But I wasn’t so sure from the start.
A few weeks after I met Nick I lamented to my shrink, Jen, that he really wasn’t my type. She made a face like she’d swallowed a bad oyster.
“Your type isn’t working for you!” she shouted and rolled her eyes.
She wasn’t wrong. I definitely had a type. Like many women who came of age with Carrie Bradshaw and Sex and the City, I spent my twenties and early thirties on a persistent quest for my own Mr. Big. During those years, I essentially plowed through every unavailable man in Manhattan — men who wore suits, made a lot of money, did drugs, and wished they were dating supermodels instead of me.

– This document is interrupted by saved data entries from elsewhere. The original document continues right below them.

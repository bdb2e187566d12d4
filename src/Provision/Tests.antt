-- ===== src/Provision/Tests.antt =====
-- A device that its owner's server provisions, over a store in memory and with the toy primitives.
use ephemerkey.Common.{
  ℕ, ◌≡◌, ◌≤◌, ◌⊎◌, inl, inr, refl, true, false, Option, none, some, List, [], ◌∷◌, ◌++◌, length,
  replicate, arith, take, drop,
}
use ephemerkey.Cbor.{ok}
use ephemerkey.Cbor.Encode
use ephemerkey.Cbor.Decode
use ephemerkey.Envelope.{
  sig_structure, sign1_write, seal_write_with, encrypt0_protected, enc_structure, bstr_reserve,
  open_with, decrypt, peek, find_route, find_keys, sign1_parse, find_kid, sign1_verify, find_alg,
  check_signature,
}
use ephemerkey.Envelope.Bytes.{sign1_bytes, protected_bytes}
use ephemerkey.Envelope.Opening.{sealed_bytes}
use ephemerkey.Envelope.Toy.{toy, toy-SignLaws, toy-SealLaws}
use ephemerkey.Wire.{crc16, crc32, covered, le_bytes}
use ephemerkey.Schema.{ack_encode, ack_decode}
use ephemerkey.Journal.{FlashOps, Journal, commit_config, default_layout, blank}
use ephemerkey.Provision.{
  StoreOps, Crates, Identity, Provisioner, record_event, config_ack, seq_rollback, new_with_aes,
}
use ephemerkey.Provision.Verify.{
  pass, fail, Verified, verify_blob, verify_inner, finish, commit_checked, commit_xfer, commit,
}
use ephemerkey.Provision.Authority.{Refused, Authorised, commit-Authorised}
use ephemerkey.Provision.Session.{handle_all, feed, events_resp}
use ephemerkey.Provision.Ownership.{StoreLaws, silent, heard, Heard-KeepsOwner, feed-returns}
use ephemerkey.Provision.Reporting.{Signs, commit-acknowledges}
use ephemerkey.Provision.Delivery.{joined}
use ephemerkey.Provision.Flash.{flash_store, replay-refused}
use ephemerkey.Provision.Acceptance.{transfer, Built, Open, transfer-commit, verify_blob_passes}

-- The owner, the number and the config.
abbrev Mem : Type 0
Mem = Option (List ℕ) × ℕ × List ℕ

abbrev mem : StoreOps Mem
mem = record {
  owner_pub = λ s. s.0;
  seq = λ s. s.1;
  validate_config = λ s config. true;
  commit = λ s owner seq config. ((some owner, seq, config), true);
  wifi_set = λ s ssid psk. (s, true);
  wifi_clear = λ s. (s, true);
  wifi_ssid = λ s. none;
  now = λ s. 0;
}

mem-StoreLaws : StoreLaws mem
mem-StoreLaws = record {
  commit_done = λ s owner config seq done. (refl, refl);
  commit_torn = λ s owner config seq torn. inr (refl, refl);
  wifi_set_same = λ s ssid psk. (refl, refl);
  wifi_clear_same = λ s. (refl, refl);
}

abbrev toys : Crates
toys = record {
  crypto = toy;
  sha256 = λ bytes. replicate 32 (crc32 bytes);
  public_key = λ k. k;
  is_key = λ k. true;
  is_utf8 = λ s. true;
}

abbrev id : Identity
id = record { device_id = replicate 12 1; sign = 2 ∷ []; kx_priv = 9 ∷ []; fw = b'1' ∷ [] }

abbrev fresh : Provisioner Mem
fresh = new_with_aes id (none, 0, [])

abbrev owner_key : List ℕ
owner_key = replicate 32 7

abbrev config : List ℕ
config = 0xa1 ∷ 1 ∷ 2 ∷ []

abbrev inner : List ℕ
inner = sign1_bytes (some owner_key) config (replicate 64 7)

abbrev blob : List ℕ
blob =
    sealed_bytes (protected_bytes 5 (replicate 12 1)) (replicate 12 5) (replicate 32 3)
      (inner ++ replicate 16 12)

built : Built toys id owner_key config 5 blob
unfolding sign1_write sig_structure seal_write_with encrypt0_protected enc_structure bstr_reserve
    Encode.head Encode.push Encode.extend
built = record {
  inner = inner;
  target = replicate 12 1;
  eph_secret = 3 ∷ [];
  iv = replicate 12 5;
  room = 256;
  room' = 512;
  signed = refl;
  sealed = refl;
  config_fits = omega arith;
  inner_fits = omega arith;
  target_fits = omega arith;
  iv_length = refl;
}

willing : Open mem toys (none, 0, []) owner_key config 5
willing = record {
  owner_length = refl;
  key = refl;
  free = inl refl;
  newer = inl refl;
  valid = refl;
  word32 = omega arith;
}

abbrev pieces : List (List ℕ)
pieces = take 100 blob ∷ drop 100 blob ∷ []

transfer-commit_example :
    (handle_all mem toys fresh
      (transfer (length (joined pieces)) 5 (crc32 (joined pieces)) pieces)).0.store
    ≡ (some owner_key, 5, config)
unfolding crc32
transfer-commit_example =
    transfer-commit mem toys toy-SignLaws toy-SealLaws fresh owner_key config 5 pieces built willing
      (omega arith) (omega arith) (omega arith)

-- The whole blob has arrived, and stands at the front of the buffer.
abbrev arrived : Provisioner Mem
arrived = record fresh {
  xfer = some (record { len = length blob; filled = length blob; seq_hint = 5; crc = crc32 blob });
  cfg_buf = blob;
}

commit-Authorised_example :
    let after = commit mem toys arrived in
    (after.0.xfer ≡ none)
    × (Refused mem toys arrived after.0 after.1 ⊎ Authorised mem toys arrived after.0 after.1)
commit-Authorised_example = commit-Authorised mem toys arrived

abbrev bound : Provisioner Mem
bound = record fresh { store = (some owner_key, 5, config) }

-- A request for the state of the wifi.
abbrev status_frame : List ℕ
status_frame = b'E' ∷ b'K' ∷ covered 0x41 [] ++ le_bytes (crc16 (covered 0x41 []))

feed-returns_example :
    (r : Provisioner Mem × List (List ℕ)) × (feed mem toys bound status_frame ≡ some r)
feed-returns_example = feed-returns mem toys bound status_frame

abbrev answered : Provisioner Mem
answered = (feed-returns mem toys bound status_frame).0.0

Heard-KeepsOwner_example : (answered.store.0 ≡ some owner_key) × (5 ≤ answered.store.1)
Heard-KeepsOwner_example =
    Heard-KeepsOwner mem mem-StoreLaws toys
      (heard status_frame (feed-returns mem toys bound status_frame).1 silent) owner_key refl

-- A flash that erases and cannot be written.
abbrev worn : FlashOps (Unit {0})
worn = record {
  read = λ f off n. none;
  erase_page = λ f off. (tt, true);
  write = λ f off bytes. (tt, false);
}

abbrev device : Journal (Unit {0})
device = record { flash = tt; layout = default_layout; live = blank; identity = none }

abbrev device_store : StoreOps (Journal (Unit {0}))
device_store = flash_store worn (λ s. true) (λ j. none)

abbrev accepted : Verified
accepted = record { owner = owner_key; seq = 5; config = config }

willing_device : Open device_store toys device owner_key config 5
willing_device = record {
  owner_length = refl;
  key = refl;
  free = inl refl;
  newer = inl refl;
  valid = refl;
  word32 = omega arith;
}

passed : verify_blob device_store toys device id blob 5 ≡ pass accepted
passed =
    verify_blob_passes device_store toys toy-SignLaws toy-SealLaws device id owner_key config 5 blob
      built willing_device

-- The commit that failed has bound the device in memory: the owner cannot send the config again.
replay-refused_example :
    verify_blob device_store toys (commit_config worn device owner_key 5 config).0 id blob 5
    ≡ fail seq_rollback
replay-refused_example =
    replay-refused worn (λ s. true) (λ j. none) toys device id blob 5 accepted passed (omega arith)

abbrev ack_answer : List ℕ
ack_answer = (commit mem toys arrived).1.1

acknowledged : (commit mem toys arrived).1 ≡ (config_ack, ack_answer)
unfolding commit commit_xfer commit_checked finish record_event verify_blob verify_inner crc32
    open_with decrypt peek find_route find_keys enc_structure sign1_parse find_kid sign1_verify
    find_alg check_signature sig_structure sign1_write ack_encode Decode.head Decode.byte
    Decode.take_bytes Encode.head Encode.push Encode.extend
acknowledged = refl

commit-acknowledges_example :
    (a : Authorised mem toys arrived (commit mem toys arrived).0 (commit mem toys arrived).1)
    × (ack : List ℕ) × ((mem.commit arrived.store a.v.owner a.v.seq a.v.config).1 ≡ true)
    × Signs mem toys toy-SignLaws id ack_answer ack
    × (ack_decode ack ≡ ok (a.v.seq, toys.sha256 (take a.xfer.len blob)))
commit-acknowledges_example =
    commit-acknowledges mem toys toy-SignLaws arrived ack_answer refl (omega arith) (λ bytes. refl)
      acknowledged

-- The device has recorded one acknowledgement.
abbrev recorded : Provisioner Mem
recorded = record fresh { events = (1, 100, 8) ∷ []; event_seq = 1 }

abbrev events_answer : List ℕ
events_answer = (events_resp mem toys recorded []).1.1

Nick Aster was not my type. I knew that the second we met on a rickety bus in the Galápagos, where we were both journalists on assignment. He had a wide smile and a kind face, long blond hair like a California surfer or a young Neil Young. He was wearing hiking sandals. Yes, hiking sandals.
He was very outdoorsy. I was used to dating men who were very indoorsy, who preferred a dimly lit restaurant or club with bottle service to fresh air. Over the course of the next week, trapped on a boat without Wi-Fi or cell service, I learned that Nick was a man who was ready for anything. He scaled mountains, dived to the depths of the ocean, camped alone in the wilderness with just a hunk of cheese and a tarp. The men I dated often didn’t know how to drive their own car.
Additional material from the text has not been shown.